Anna Apolinário
Quaerens Quem Devoret
Panteras em transe
Dançam sob minha pele
Cerro meus olhos e sinto
A furiosa partitura nas artérias
E a sinfonia dos caninos acesos
Lacerando a carne
A febre cresce e decifro
A fábula canibalesca
***
A Carne Flamante das Metáforas
Irmã fronteiriça
Alia bestial delícia
Ao seu léxico luxurioso
Colhe especiarias na mata
Tece um amuleto de enigmas
Sangria de grafemas e signos
Rumorosa raptora
Transita e transborda
Salta entre as páginas
***
A Doçura Peçonhenta dos Feitiços
Meus seios sussurram preces em tuas mãos
Rosários lambem teu espírito enfurecido
Os meus feitiços roçam os céus de tua fome
Sílaba a sílaba, sacrílega
Tempero um apocalipse
Com a tempestade dos nossos nomes
***
As Mil Portas do Poema Ardem
Cinco voltas
Ferozes
À fechadura
***
Códex
Uma canção toma de assalto a minha boca
e estilhaça a paz que não queremos.
Dentro da casa que erguemos,
não há mordaça que baste:
o sonho cresce selvagem no sangue.
Um verso acende molotovs na língua,
verve virulenta inventa a rebelião.
Um gatilho para o tumulto,
entre corpos pacatos e obedientes,
um acorde eriça a revolução.
***
Teia
Francesca Woodman desliza
por dentro das fotografias.
Com olhos aranhiços,
a face sublime suicida.
Francesca dança
nua
levita e tece.
Penélope suspensa
espreita,
espera.
De súbito, o rapto
Francesca nos dilacera.
***
O balanço do fim do mundo
Um céu deliciosamente louco nos convida
ao beijo vertiginoso do abismo.
Ardilosos feiticeiros, driblamos a morte
e nos encontramos como dois pássaros infinitos
em cósmico voo.
***
Talismã
Nas mãos de um anjo
o mineral mistério
onde o desejo se enraíza
e diabólico, floresce
cruel e escura ferida
no coração de Deus.
Anna Apolinário (João Pessoa – PB, 1986).
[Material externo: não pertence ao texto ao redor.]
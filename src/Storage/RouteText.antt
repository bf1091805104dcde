-- ===== src/Storage/RouteText.antt =====
-- The text of a route key names one exchange and one year.
use scraper.Base.{
  ℕ, zero, suc, ◌+◌, ◌*◌, ◌/◌, ◌%◌, ◌<◌, ◌≤◌, ◌≡◌, refl, ap, sym, ◌↔◌, ◌∙◌, inl, inr, Bool, true,
  false, [], ◌∷◌, ◌++◌, arith, some, ltb, Bool-cases, ◌||◌, ◌==◌, ◌-◌,
}
use mathlib.Core.Bool.{true≢false}
use scraper.Base.Int.{digits_value}
use scraper.Text.{Text}
use scraper.Storage.Names.{itoa, itoa_from}
use scraper.Storage.Domain.{RouteKey, route_text}

-- A digit more at the end.
digits_value-snoc :
    (s : Text) (acc n d : ℕ)
    → digits_value acc s ≡ some n
    → d < 10
    → digits_value acc (s ++ ((b'0' + d) ∷ [])) ≡ some (10 * n + d)
unfolding digits_value
digits_value-snoc [] acc n d h lt = ground arith
digits_value-snoc (c ∷ s) acc n d h lt =
    ground (arith, digits_value-snoc s (10 * acc + (c - b'0')) n d)

-- With enough rounds, the digits of a number read as the number.
digits_value-itoa_from : (fuel n : ℕ) → n ≤ fuel → digits_value 0 (itoa_from fuel n) ≡ some n
unfolding itoa_from
digits_value-itoa_from zero n le = unfold digits_value in ground arith
digits_value-itoa_from (suc fuel) n le = elim (Bool-cases (ltb n 10)) [
  | inl small ↦ rw (itoa_from, small) (unfold digits_value in ground arith)
  | inr large ↦
      let ih = digits_value-itoa_from fuel (n / 10) (omega arith) in
      rw (itoa_from, large)
        (digits_value-snoc (itoa_from fuel (n / 10)) 0 (n / 10) (n % 10) ih (omega arith)
          ∙ ap some (omega arith))
]

digits_value-itoa : (n : ℕ) → digits_value 0 (itoa n) ≡ some n
unfolding itoa
digits_value-itoa n = digits_value-itoa_from n n (omega arith)

unfoldable has_char : ℕ → Text → Bool
has_char c [] = false
has_char c (d ∷ s) = d == c || has_char c s

digits-no_underscore :
    (s : Text) (acc n : ℕ) → digits_value acc s ≡ some n → has_char b'_' s ≡ false
unfolding digits_value has_char
digits-no_underscore [] acc n h = refl
digits-no_underscore (c ∷ s) acc n h =
    ground (arith, digits-no_underscore s (10 * acc + (c - b'0')) n)

has_char-middle : (c : ℕ) (s t : Text) → has_char c (s ++ (c ∷ t)) ≡ true
unfolding has_char
has_char-middle c [] t = ground arith
has_char-middle c (d ∷ s) t = ground (arith, has_char-middle c s t)

-- The last separator splits a text in one way.
split_last :
    (c : ℕ) (s t u v : Text)
    → has_char c u ≡ false
    → has_char c v ≡ false
    → s ++ (c ∷ u) ≡ t ++ (c ∷ v)
    → (s ≡ t) × (u ≡ v)
split_last c [] [] u v hu hv e = (refl, cc)
split_last c [] (d ∷ t) u v hu hv e =
    let tail : u ≡ t ++ (c ∷ v) = cc in
    absurd (true≢false (sym (has_char-middle c t v) ∙ (ap (has_char c) (sym tail) ∙ hu)))
split_last c (d ∷ s) [] u v hu hv e =
    let tail : v ≡ s ++ (c ∷ u) = cc in
    absurd (true≢false (sym (has_char-middle c s u) ∙ (ap (has_char c) (sym tail) ∙ hv)))
split_last c (d ∷ s) (f ∷ t) u v hu hv e =
    let rest = split_last c s t u v hu hv cc in let head : d ≡ f = cc in (cc, rest.1)

-- Two route keys with one text are the same exchange and the same year, although an exchange may have
-- underscores and digits.
pub route_text_injective : (a b : RouteKey) → route_text a ≡ route_text b → a ≡ b
unfolding route_text
route_text_injective a b e =
    let da = digits_value-itoa a.year_of in
    let db = digits_value-itoa b.year_of in
    let parts =
      split_last b'_' a.exchange b.exchange (itoa a.year_of) (itoa b.year_of)
        (digits-no_underscore (itoa a.year_of) 0 a.year_of da)
        (digits-no_underscore (itoa b.year_of) 0 b.year_of db) e in
    let years : some a.year_of ≡ some b.year_of = sym da ∙ (ap (digits_value 0) parts.1 ∙ db) in
    cc (parts.0, years)

-- The text of a route key determines the key: two keys have one text exactly if they are one exchange
-- and one year, although an exchange may have underscores and digits.
pub route_text_iff : (a b : RouteKey) → (route_text a ≡ route_text b) ↔ (a ≡ b)
route_text_iff a b = (route_text_injective a b, λ e. ap route_text e)
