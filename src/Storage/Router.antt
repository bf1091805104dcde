-- ===== src/Storage/Router.antt =====
-- internal/storage/write_router.go: `MarketDataWriteRouter`. A store is known by the number of the call
-- that opened it; `trace` holds what the router did, newest first. What the lease manager, the factory
-- and the stores answer is a function of the number of the call.
pub mod Groups
pub mod Inserts
pub mod Safety
use scraper.Base.{
  ℕ, ◌+◌, ◌≡◌, refl, Bool, true, false, not, ◌&&◌, List, [], ◌∷◌, ◌++◌, Option, none, some, ok, err,
  Result, if◌then◌else◌,
}
use scraper.Text.{Text, text_eq, is_empty}
use scraper.Models.{Kline, OrderBook, FundingRate, OpenInterest}
use scraper.Storage.Domain.{
  WriterLeaseDomain, normalize_writer_lease_domain, kline_domain, domain_for_order_book,
  domain_for_funding_rate, domain_for_open_interest, collector_id, RouteKey, route_key, route_text,
  domain_eq,
}

-- What a method of a store is given.
pub data Batch : Type 0 where
  klines : List Kline → Batch
  order_book : OrderBook → Batch
  funding_rate : FundingRate → Batch
  open_interest : OpenInterest → Batch
  open_interests : List OpenInterest → Batch

pub data Entry : Type 0 where
  leased : WriterLeaseDomain → Text → Entry
  opened : ℕ → RouteKey → Entry
  closed : ℕ → Entry
  -- `logWrite`, after an insert.
  wrote : ℕ → WriterLeaseDomain → Batch → Entry

pub data RouterError : Type 0 where
  no_lease : Text → Text → RouterError
  no_factory no_exchange : RouterError
  failed : Text → RouterError

pub record Router : Type 0 where
  pub has_factory : Bool
  pub has_manager : Bool
  pub stores : List (Text × ℕ)
  pub calls : ℕ
  pub trace : List Entry

pub record Services : Type 0 where
  pub this_year : ℕ
  pub acquire : ℕ → WriterLeaseDomain → Text → Option Text
  pub open_store : ℕ → RouteKey → Option Text
  pub insert : ℕ → ℕ → Batch → Option Text

abbrev pub R : Type 0 → Type 0
R A = Router → Router × Result RouterError A

infixl 5 ◌>>=◌
abbrev pub ◌>>=◌ : {A B : Type 0} → R A → (A → R B) → R B
◌>>=◌ m f r = let (r', a) = m r in elim a [ ok x ↦ f x r' | err e ↦ (r', err e) ]

-- `r.stores[key]`
unfoldable pub store_at : Text → List (Text × ℕ) → Option ℕ
store_at key [] = none
store_at key ((k, s) ∷ stores) = if text_eq k key then some s else store_at key stores

-- A call with its number used up, and an entry of the trace.
abbrev pub counted : Router → Router
counted r = record r { calls = r.calls + 1 }

abbrev pub noted : Entry → Router → Router
noted e r = record r { calls = r.calls + 1; trace = e ∷ r.trace }

module _ (services : Services) where
  abbrev pub after_acquire : WriterLeaseDomain → Option Text → R (Unit {0})
  after_acquire domain (some e) r = (counted r, err (no_lease (collector_id domain) e))
  after_acquire domain none r = (noted (leased domain (collector_id domain)) r, ok tt)

  -- `acquireLease`; without a manager there is no lease, and no error.
  unfoldable pub acquire_lease : WriterLeaseDomain → R (Unit {0})
  acquire_lease domain r =
      let d = normalize_writer_lease_domain services.this_year domain in
      if r.has_manager
      then after_acquire d (services.acquire r.calls d (collector_id d)) r
      else (r, ok tt)

  -- The end of `storeFor`: a store that another caller has kept meanwhile is used, and the new one
  -- closed.
  abbrev pub keep_or_use : RouteKey → ℕ → Option ℕ → R ℕ
  keep_or_use key store none r =
      (record r { stores = (route_text key, store) ∷ r.stores }, ok store)
  keep_or_use key store (some existing) r = (noted (closed store) r, ok existing)

  unfoldable pub keep_store : RouteKey → ℕ → R ℕ
  unfolding store_at
  keep_store key store r = keep_or_use key store (store_at (route_text key) r.stores) r

  abbrev pub after_open : RouteKey → Option Text → R ℕ
  after_open key (some e) r = (counted r, err (failed e))
  after_open key none r = keep_store key r.calls (noted (opened r.calls key) r)

  abbrev pub open_missing : RouteKey → Option ℕ → R ℕ
  open_missing key (some store) r = (r, ok store)
  open_missing key none r = after_open key (services.open_store r.calls key) r

  unfoldable pub store_for : RouteKey → R ℕ
  unfolding keep_store
  store_for key r =
      if not r.has_factory
      then (r, err no_factory)
      else if is_empty key.exchange
      then (r, err no_exchange)
      else open_missing key (store_at (route_text key) r.stores) r

  abbrev pub after_insert : WriterLeaseDomain → Batch → ℕ → Option Text → R (Unit {0})
  after_insert domain batch store (some e) r = (counted r, err (failed e))
  after_insert domain batch store none r = (noted (wrote store domain batch) r, ok tt)

  abbrev pub insert_into : WriterLeaseDomain → Batch → ℕ → R (Unit {0})
  insert_into domain batch store r =
      after_insert domain batch store (services.insert r.calls store batch) r

  -- What every `Insert…` does for a domain and its rows.
  unfoldable pub write_batch : WriterLeaseDomain → Batch → R (Unit {0})
  unfolding acquire_lease store_for
  write_batch domain batch = do
    _ ← acquire_lease domain
    store ← store_for (route_key domain)
    insert_into domain batch store

  unfoldable pub write_batches : List (WriterLeaseDomain × Batch) → R (Unit {0})
  unfolding write_batch
  write_batches [] r = (r, ok tt)
  write_batches ((domain, batch) ∷ groups) r =
      (do _ ← write_batch domain batch; write_batches groups) r

-- `groups[domain] = append(groups[domain], k)`
unfoldable pub add_to_group {ℓ} :
    {A : Type ℓ}
    → WriterLeaseDomain
    → A
    → List (WriterLeaseDomain × List A)
    → List (WriterLeaseDomain × List A)
unfolding domain_eq
add_to_group d k [] = (d, k ∷ []) ∷ []
add_to_group d k ((c, batch) ∷ groups) =
    if domain_eq c d then (c, batch ++ (k ∷ [])) ∷ groups else (c, batch) ∷ add_to_group d k groups

-- The loop that fills `groups`.
unfoldable pub group_rows {ℓ} :
    {A : Type ℓ}
    → (A → WriterLeaseDomain)
    → List (WriterLeaseDomain × List A)
    → List A
    → List (WriterLeaseDomain × List A)
unfolding add_to_group
group_rows domain groups [] = groups
group_rows domain groups (k ∷ ks) = group_rows domain (add_to_group (domain k) k groups) ks

abbrev pub in_batches {ℓ} :
    {A : Type ℓ}
    → (List A → Batch)
    → List (WriterLeaseDomain × List A)
    → List (WriterLeaseDomain × Batch)
in_batches method [] = []
in_batches method ((d, batch) ∷ groups) = (d, method batch) ∷ in_batches method groups

module _ (services : Services) where
  unfoldable pub insert_kline : List Kline → R (Unit {0})
  unfolding group_rows write_batches
  insert_kline ks =
      write_batches services
        (in_batches klines (group_rows (kline_domain services.this_year) [] ks))

  unfoldable pub insert_order_book : OrderBook → R (Unit {0})
  unfolding write_batch
  insert_order_book ob =
      write_batch services (domain_for_order_book services.this_year ob) (order_book ob)

  unfoldable pub insert_funding_rate : FundingRate → R (Unit {0})
  unfolding write_batch
  insert_funding_rate fr =
      write_batch services (domain_for_funding_rate services.this_year fr) (funding_rate fr)

  unfoldable pub insert_open_interest : OpenInterest → R (Unit {0})
  unfolding write_batch
  insert_open_interest oi =
      write_batch services (domain_for_open_interest services.this_year oi) (open_interest oi)

  unfoldable pub insert_open_interests : List OpenInterest → R (Unit {0})
  unfolding group_rows write_batches
  insert_open_interests items = write_batches services (
      in_batches open_interests (group_rows (domain_for_open_interest services.this_year) [] items))

-- A caller's insert.
pub data Insert : Type 0 where
  inserts_klines : List Kline → Insert
  inserts_order_book : OrderBook → Insert
  inserts_funding_rate : FundingRate → Insert
  inserts_open_interest : OpenInterest → Insert
  inserts_open_interests : List OpenInterest → Insert

unfoldable pub perform : Services → Insert → R (Unit {0})
perform services (inserts_klines ks) = insert_kline services ks
perform services (inserts_order_book ob) = insert_order_book services ob
perform services (inserts_funding_rate fr) = insert_funding_rate services fr
perform services (inserts_open_interest oi) = insert_open_interest services oi
perform services (inserts_open_interests items) = insert_open_interests services items

-- One insert after the other; a caller goes on after an error.
unfoldable pub perform_all : Services → List Insert → Router → Router
unfolding perform
perform_all services [] r = r
perform_all services (i ∷ inserts) r = perform_all services inserts (perform services i r).0

-- `NewMarketDataWriteRouter` and `SetWriterLeaseManager`.
unfoldable pub new_router : Bool → Bool → Router
new_router has_factory has_manager = record {
  has_factory = has_factory;
  has_manager = has_manager;
  stores = [];
  calls = 0;
  trace = [];
}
Bruxa, poeta, produtora cultural independente, organizadora do “Sarau Selváticas”, co-fundadora da “Cia Quimera” – Teatro & Poesia, colaboradora da Revista Acrobata – Literatura e Artes Visuais. Autora dos livros “Solfejo de Eros” (CBJE, 2010), “Mistrais” (Prêmio Literário Augusto dos Anjos – Funesc, 2014), “Zarabatana” (Patuá, 2016), “Magmáticas Medusas” (Cintra/ARC Edições, 2018), “Las Máscaras del Aire” (Poema Colectivo – Cintra/Arc Edições, 2020), “A Chave Selvagem do Sonho” ( Triluna, 2020), “Furor de Máscaras” – Poemas automáticos em coautoria (Cintra/ARC Edições, 2021).